FP traps (do NOT re-run these / filter required)

Dork	Total	Trap
`http.html:"chatterbox"`	96	FP SWAMP. Collides with `chatterboxwalls.com` (photo wall art), `entermediadb` DAM product, LexisNexis Digital Library, TSLM Dashboard. Single-keyword collision (Garak/Whisper lesson). Use `http.title:"Chatterbox TTS"`.
`http.html:"rvc-webui"`	4	FP — all Beijing Volcano Engine (ByteDance). Primary source: `:8000/openapi.json` title = `北京open ai relay 服务器` (Beijing OpenAI RELAY server, LLM proxy), NOT RVC. The `rvc-webui` string was incidental HTML. Would falsely confirm 11x-CVSS-9.8 RCE. Verify against `:7865/` Gradio root, not the html string.
`http.html:"so-vits-svc"`	2	FP — both CN music-platform marketing pages (Auralink, stfdlnb.cn). so-vits-svc proper is Gradio/JSON, Shodan-dark.
`http.html:"GPT-SoVITS"`	22	brand-dork, page-1 mostly FP (PixivTranslate, dir listings, AI SaaS). Ports 80/8800/8000, NOT 9880. The mentions index; the API does not.

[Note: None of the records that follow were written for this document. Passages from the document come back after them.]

-- ===== src/Account/Fills/Proved.antt =====
-- The full-fill proof that `apply_fills` of futures_fund/account.py asks for before it changes
-- anything.
use gpt_market_neutral_crypt.Prelude.{
  ◌≡◌, refl, ◌⊎◌, inl, inr, ap, Bool, true, false, ◌&&◌, ◌||◌, not, Option, some, none, List, [],
  ◌∷◌, String, value, raise_if, >>=-eq-value, All, arith,
}
use gpt_market_neutral_crypt.Account.{
  Arithmetic, Position, Role, alpha, hedge, lookup, absolute, signed_qty,
}
use gpt_market_neutral_crypt.Account.Fills.{
  Book, Execution, or_default, same_role, is_close, check_one, check_lifecycles, covered,
  all_finite, check_targets,
}

module _ {R : Type 0} (n : Arithmetic R) where
  -- At its mark, the order leaves the position's quantity, up to a relative billionth; or it keeps the position's direction
  -- and role, and takes nothing off its size, up to the absolute tolerance.
  abbrev pub KeepsLifecycle : Book R → String → R → Position R → R → Type 0
  KeepsLifecycle b s notional p mark =
      let desired = n.over notional mark in
      let current = signed_qty n p in
      (is_close n n.billionth desired current ≡ true)
      ⊎ ((n.lt n.nought (n.times desired current) ≡ true)
          × (n.lt (absolute n desired) (n.minus (absolute n current) n.tiny) ≡ false)
          × (or_default p.seat_role (lookup s b.roles) ≡ p.seat_role))

  -- An order on a held symbol with a positive mark is proved complete, or keeps the position's lifecycle.
  abbrev ProvedAt : Execution R → Book R → String → R → Option (Position R) → Option R → Type 0
  ProvedAt x b s notional (some p) (some mark) =
      (n.lt n.nought mark ≡ false)
      ⊎ (lookup s x.completed ≡ some true)
      ⊎ KeepsLifecycle b s notional p mark
  ProvedAt x b s notional _ _ = Unit

  abbrev pub IsProved : Execution R → Book R → List (String × Position R) → String × R → Type 0
  IsProved x b positions (s, notional) =
      ProvedAt x b s notional (lookup s positions) (lookup s x.marks)

  completed-true : (m : Option Bool) → or_default false m ≡ true → m ≡ some true
  completed-true none h = absurd (ground arith)
  completed-true (some c) h = ap some h

  same_role-eq : (a b : Role) → same_role a b ≡ true → a ≡ b
  same_role-eq alpha alpha h = refl
  same_role-eq hedge hedge h = refl
  same_role-eq alpha hedge h = absurd (ground arith)
  same_role-eq hedge alpha h = absurd (ground arith)

  -- The test in front of a fill, by its five conditions.
  proved_cases :
      (marked close same_sign smaller role completed : Bool) (u : Unit {0})
      → raise_if
          (marked && ((not close && (not same_sign || smaller || not role)) && not completed))
        ≡ value u
      → (marked ≡ false)
        ⊎ (completed ≡ true)
        ⊎ (close ≡ true)
        ⊎ ((same_sign ≡ true) × (smaller ≡ false) × (role ≡ true))
  proved_cases false close same_sign smaller role completed u h = inl refl
  proved_cases true close same_sign smaller role true u h = inr (inl refl)
  proved_cases true true same_sign smaller role false u h = inr (inr (inl refl))
  proved_cases true false true false true false u h = inr (inr (inr (refl, refl, refl)))
  proved_cases true false false smaller role false u h = absurd (ground arith)
  proved_cases true false true true role false u h = absurd (ground arith)
  proved_cases true false true false false false u h = absurd (ground arith)

  check_one-ProvedAt :
      (x : Execution R) (b : Book R) (s : String) (notional : R) (held : Option (Position R))
      (mark : Option R) (u : Unit {0})
      → check_one n x b s notional held mark ≡ value u
      → ProvedAt x b s notional held mark
  unfolding check_one
  check_one-ProvedAt x b s notional none none u h = tt
  check_one-ProvedAt x b s notional none (some k) u h = tt
  check_one-ProvedAt x b s notional (some p) none u h = tt
  check_one-ProvedAt x b s notional (some p) (some mark) u h =
      let desired = n.over notional mark in
      let current = signed_qty n p in
      let role = or_default p.seat_role (lookup s b.roles) in
      elim (proved_cases (n.lt n.nought mark) (is_close n n.billionth desired current)
        (n.lt n.nought (n.times desired current))
        (n.lt (absolute n desired) (n.minus (absolute n current) n.tiny))
        (same_role role p.seat_role) (or_default false (lookup s x.completed)) u h) [
          | inl no_mark ↦ inl no_mark
          | inr (inl completed) ↦ inr (inl (completed-true (lookup s x.completed) completed))
          | inr (inr (inl close)) ↦ inr (inr (inl close))
          | inr (inr (inr (sign, size, same))) ↦
              inr (inr (inr (sign, size, same_role-eq role p.seat_role same)))
        ]

  check_lifecycles-IsProved :
      (x : Execution R) (b : Book R) (positions : List (String × Position R))
      (net : List (String × R)) (u : Unit {0})
      → check_lifecycles n x b positions net ≡ value u
      → All (IsProved x b positions) net
  unfolding check_lifecycles
  check_lifecycles-IsProved x b positions [] u h = tt
  check_lifecycles-IsProved x b positions ((s, notional) ∷ net) u h =
      let (v, first, rest) =
        >>=-eq-value (check_one n x b s notional (lookup s positions) (lookup s x.marks)) _ h in
      (
        check_one-ProvedAt x b s notional (lookup s positions) (lookup s x.marks) v first,
        check_lifecycles-IsProved x b positions net u rest,
      )

  pub check_targets-IsProved :
      (x : Execution R) (b : Book R) (positions : List (String × Position R))
      (targets : List (String × R)) (u : Unit {0})
      → check_targets n x b positions (some targets) ≡ value u
      → All (IsProved x b positions) b.net
  unfolding check_targets
  check_targets-IsProved x b positions targets u h =
      let (_, _, h1) =
        >>=-eq-value (raise_if (not (covered n targets b.net && covered n b.net targets))) _ h in
      let (_, _, h2) = >>=-eq-value (raise_if (not (all_finite n targets))) _ h1 in
      check_lifecycles-IsProved x b positions b.net u h2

Shodan-dark (0 results = the RCE/PII surfaces are unmappable passively — Insight #67)

Dork	Total	Why dark
`http.html:"GPT-SoVITS" port:9880`	0	API JSON-only root; 5x critical CVE surface invisible
`port:8899 http.html:"Orpheus"`	0	Orpheus API JSON-only
`http.title:"Orpheus TTS"`	0	variant space exhausted — Orpheus fully dark
`port:8880 http.html:"/dev/captioned_speech"`	0	Kokoro unique path not in indexed HTML
`http.html:"system_health" http.html:"active_batch_requests"`	0	Deepgram `/v1/status` JSON not crawled
`port:9090 "WhisperLive"`	0	WS JSONL not indexed; 9090 = Prometheus territory

To survey the RCE population (GPT-SoVITS/RVC): masscan ports 9880/7865/7860 across tier-2 cloud, fingerprint by JSON API shape. Shodan only shows the demo-UI minority.